[What to work on]
Which lines of the listing hold the string "offsets"? Show each of them.

[Records for this task]
-- ===== src/Preprocessor/Spans.antt =====
-- `_merge_spans` covers the same offsets by spans that lie apart.
use code_analyzer.Prelude.{
  ℕ, ◌≤◌, ◌<◌, ◌≡◌, ◌||◌, ◌&&◌, Bool, true, false, refl, inl, inr, List, [], ◌∷◌, foldl, ltb, leb,
  any, All, All-map, foldl_inv, Bool-cases, arith, ◌∙◌,
}
use code_analyzer.Prelude.Sort.{sorted, IsSorted, any-sorted, sorted-IsSorted}
use code_analyzer.Preprocessor.{
  span_lt, join_span, merge_span, merge_spans, dead_bodies, in_dead, Arm,
}

-- The offset is in a span of the list.
pub covers : ℕ → List (ℕ × ℕ) → Bool
covers k spans = any (λ s. leb s.0 k && ltb k s.1) spans

-- Each span has an offset, and ends in front of the next one with a gap between them.
abbrev pub Apart : List (ℕ × ℕ) → Type 0
Apart [] = Unit
Apart (s ∷ []) = s.0 < s.1
Apart (s ∷ t ∷ spans) = (s.0 < s.1) × ((s.1 < t.0) × Apart (t ∷ spans))

-- No span of the list begins behind `low`.
abbrev BeginsBy : ℕ → List (ℕ × ℕ) → Type 0
BeginsBy low [] = Unit
BeginsBy low (s ∷ spans) = (s.0 ≤ low) × BeginsBy low spans

covers-join_span :
    (k : ℕ) (merged : List (ℕ × ℕ)) (s : ℕ × ℕ)
    → BeginsBy s.0 merged
    → covers k (join_span merged s) ≡ covers k merged || (leb s.0 k && ltb k s.1)
unfolding covers join_span
covers-join_span k [] s h = ground arith
covers-join_span k (m ∷ []) s h = ground (arith, h.0)
covers-join_span k (m ∷ n ∷ merged) s h = rw (covers-join_span k (n ∷ merged) s h.1) (ground arith)

covers-merge_span :
    (k : ℕ) (merged : List (ℕ × ℕ)) (s : ℕ × ℕ)
    → BeginsBy s.0 merged
    → covers k (merge_span merged s) ≡ covers k merged || (leb s.0 k && ltb k s.1)
unfolding merge_span
covers-merge_span k merged s h = ground (arith, covers-join_span k merged s h)

BeginsBy-mono :
    (low high : ℕ) (merged : List (ℕ × ℕ)) → low ≤ high → BeginsBy low merged → BeginsBy high merged
BeginsBy-mono low high [] l h = tt
BeginsBy-mono low high (m ∷ merged) l h = (omega (arith, h.0), BeginsBy-mono low high merged l h.1)

join_span-BeginsBy :
    (low : ℕ) (merged : List (ℕ × ℕ)) (s : ℕ × ℕ)
    → s.0 ≤ low
    → BeginsBy s.0 merged
    → BeginsBy low (join_span merged s)
unfolding join_span
join_span-BeginsBy low [] s l h = (l, tt)
join_span-BeginsBy low (m ∷ []) s l h = elim (Bool-cases (leb s.0 m.1)) [
  | inl e ↦ rw (e, BeginsBy) (omega (arith, h.0), tt)
  | inr e ↦ rw (e, BeginsBy) (omega (arith, h.0), (l, tt))
]
join_span-BeginsBy low (m ∷ n ∷ merged) s l h =
    (omega (arith, h.0), join_span-BeginsBy low (n ∷ merged) s l h.1)

merge_span-BeginsBy :
    (low : ℕ) (merged : List (ℕ × ℕ)) (s : ℕ × ℕ)
    → s.0 ≤ low
    → BeginsBy s.0 merged
    → BeginsBy low (merge_span merged s)
unfolding merge_span
merge_span-BeginsBy low merged s l h = elim (Bool-cases (leb s.1 s.0)) [
  | inl e ↦ rw (e) (BeginsBy-mono s.0 low merged l h)
  | inr e ↦ rw (e) (join_span-BeginsBy low merged s l h)
]

begins_behind : (s t : ℕ × ℕ) → span_lt t s ≡ false → s.0 ≤ t.0
unfolding span_lt
begins_behind s t e = ground arith

-- The loop of `_merge_spans` on spans in order, none of which begins in front of what is merged.
covers-foldl :
    (k : ℕ) (spans merged : List (ℕ × ℕ))
    → IsSorted span_lt spans
    → All (λ s. BeginsBy s.0 merged) spans
    → covers k (foldl merge_span merged spans) ≡ covers k merged || covers k spans
unfolding covers
covers-foldl k [] merged o h = ground arith
covers-foldl k (s ∷ spans) merged o h =
    let behind =
      All-map (λ t. span_lt t s ≡ false) (λ t. BeginsBy t.0 (merge_span merged s))
        (λ t e. merge_span-BeginsBy t.0 merged s (begins_behind s t e) h.0) spans o.0 in
    rw (covers-foldl k spans (merge_span merged s) o.1 behind, covers-merge_span k merged s h.0)
      (ground arith)

span_lt_asym : (s t : ℕ × ℕ) → span_lt s t ≡ true → span_lt t s ≡ false
unfolding span_lt
span_lt_asym s t h = ground arith

span_lt_trans : (s t u : ℕ × ℕ) → span_lt t s ≡ false → span_lt u t ≡ false → span_lt u s ≡ false
unfolding span_lt
span_lt_trans s t u h k = ground arith

nothing-BeginsBy : (spans : List (ℕ × ℕ)) → All (λ s. BeginsBy s.0 []) spans
nothing-BeginsBy [] = tt
nothing-BeginsBy (s ∷ spans) = (tt, nothing-BeginsBy spans)

join_span-Apart :
    (merged : List (ℕ × ℕ)) (s : ℕ × ℕ) → s.0 < s.1 → Apart merged → Apart (join_span merged s)
unfolding join_span
join_span-Apart [] s l h = l
join_span-Apart (m ∷ []) s l h = elim (Bool-cases (leb s.0 m.1)) [
  | inl e ↦ rw (e, Apart) (omega (arith, h))
  | inr e ↦ rw (e, Apart) (h, (ground arith, l))
]
join_span-Apart (m ∷ n ∷ []) s l h = elim (Bool-cases (leb s.0 n.1)) [
  | inl e ↦ rw (e, Apart) (h.0, (h.1.0, omega (arith, h.1.1)))
  | inr e ↦ rw (e, Apart) (h.0, (h.1.0, (h.1.1, (ground arith, l))))
]
join_span-Apart (m ∷ n ∷ o ∷ merged) s l h =
    (h.0, (h.1.0, join_span-Apart (n ∷ o ∷ merged) s l h.1.1))

merge_span-Apart : (merged : List (ℕ × ℕ)) (s : ℕ × ℕ) → Apart merged → Apart (merge_span merged s)
unfolding merge_span
merge_span-Apart merged s h = elim (Bool-cases (leb s.1 s.0)) [
  | inl e ↦ rw e h
  | inr e ↦ rw e (join_span-Apart merged s (ground arith) h)
]

-- `_merge_spans` returns spans that cover the same offsets as the spans it is given, in whatever
-- order these come and however they overlap: and none of its spans is empty, and each ends in
-- front of the next one with a gap between them.
pub merge_spans-covers :
    (spans : List (ℕ × ℕ))
    → ((k : ℕ) → covers k (merge_spans spans) ≡ covers k spans) × Apart (merge_spans spans)
unfolding merge_spans covers
merge_spans-covers spans =
    (same, foldl_inv Apart merge_span merge_span-Apart [] (sorted span_lt spans) tt)
  where
    same : (k : ℕ) → covers k (foldl merge_span [] (sorted span_lt spans)) ≡ covers k spans
    same k =
        covers-foldl k (sorted span_lt spans) []
          (sorted-IsSorted span_lt span_lt_asym span_lt_trans spans)
          (nothing-BeginsBy (sorted span_lt spans))
        ∙ any-sorted span_lt (λ s. leb s.0 k && ltb k s.1) spans

covers-dead_bodies : (k : ℕ) (arms : List Arm) → covers k (dead_bodies arms) ≡ in_dead arms k
unfolding covers dead_bodies in_dead
covers-dead_bodies k [] = refl
covers-dead_bodies k (a ∷ arms) = ground (arith, covers-dead_bodies k arms)

-- An offset is in one of the dead spans that the parser records if and only if `_in_dead` holds
-- of it: whether a symbol and a span of its file are dead is the same question.
pub covers-merge_spans :
    (arms : List Arm) (k : ℕ) → covers k (merge_spans (dead_bodies arms)) ≡ in_dead arms k
covers-merge_spans arms k = (merge_spans-covers (dead_bodies arms)).0 k ∙ covers-dead_bodies k arms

[Response to this task]
-- `_merge_spans` covers the same offsets by spans that lie apart.
-- `_merge_spans` returns spans that cover the same offsets as the spans it is given, in whatever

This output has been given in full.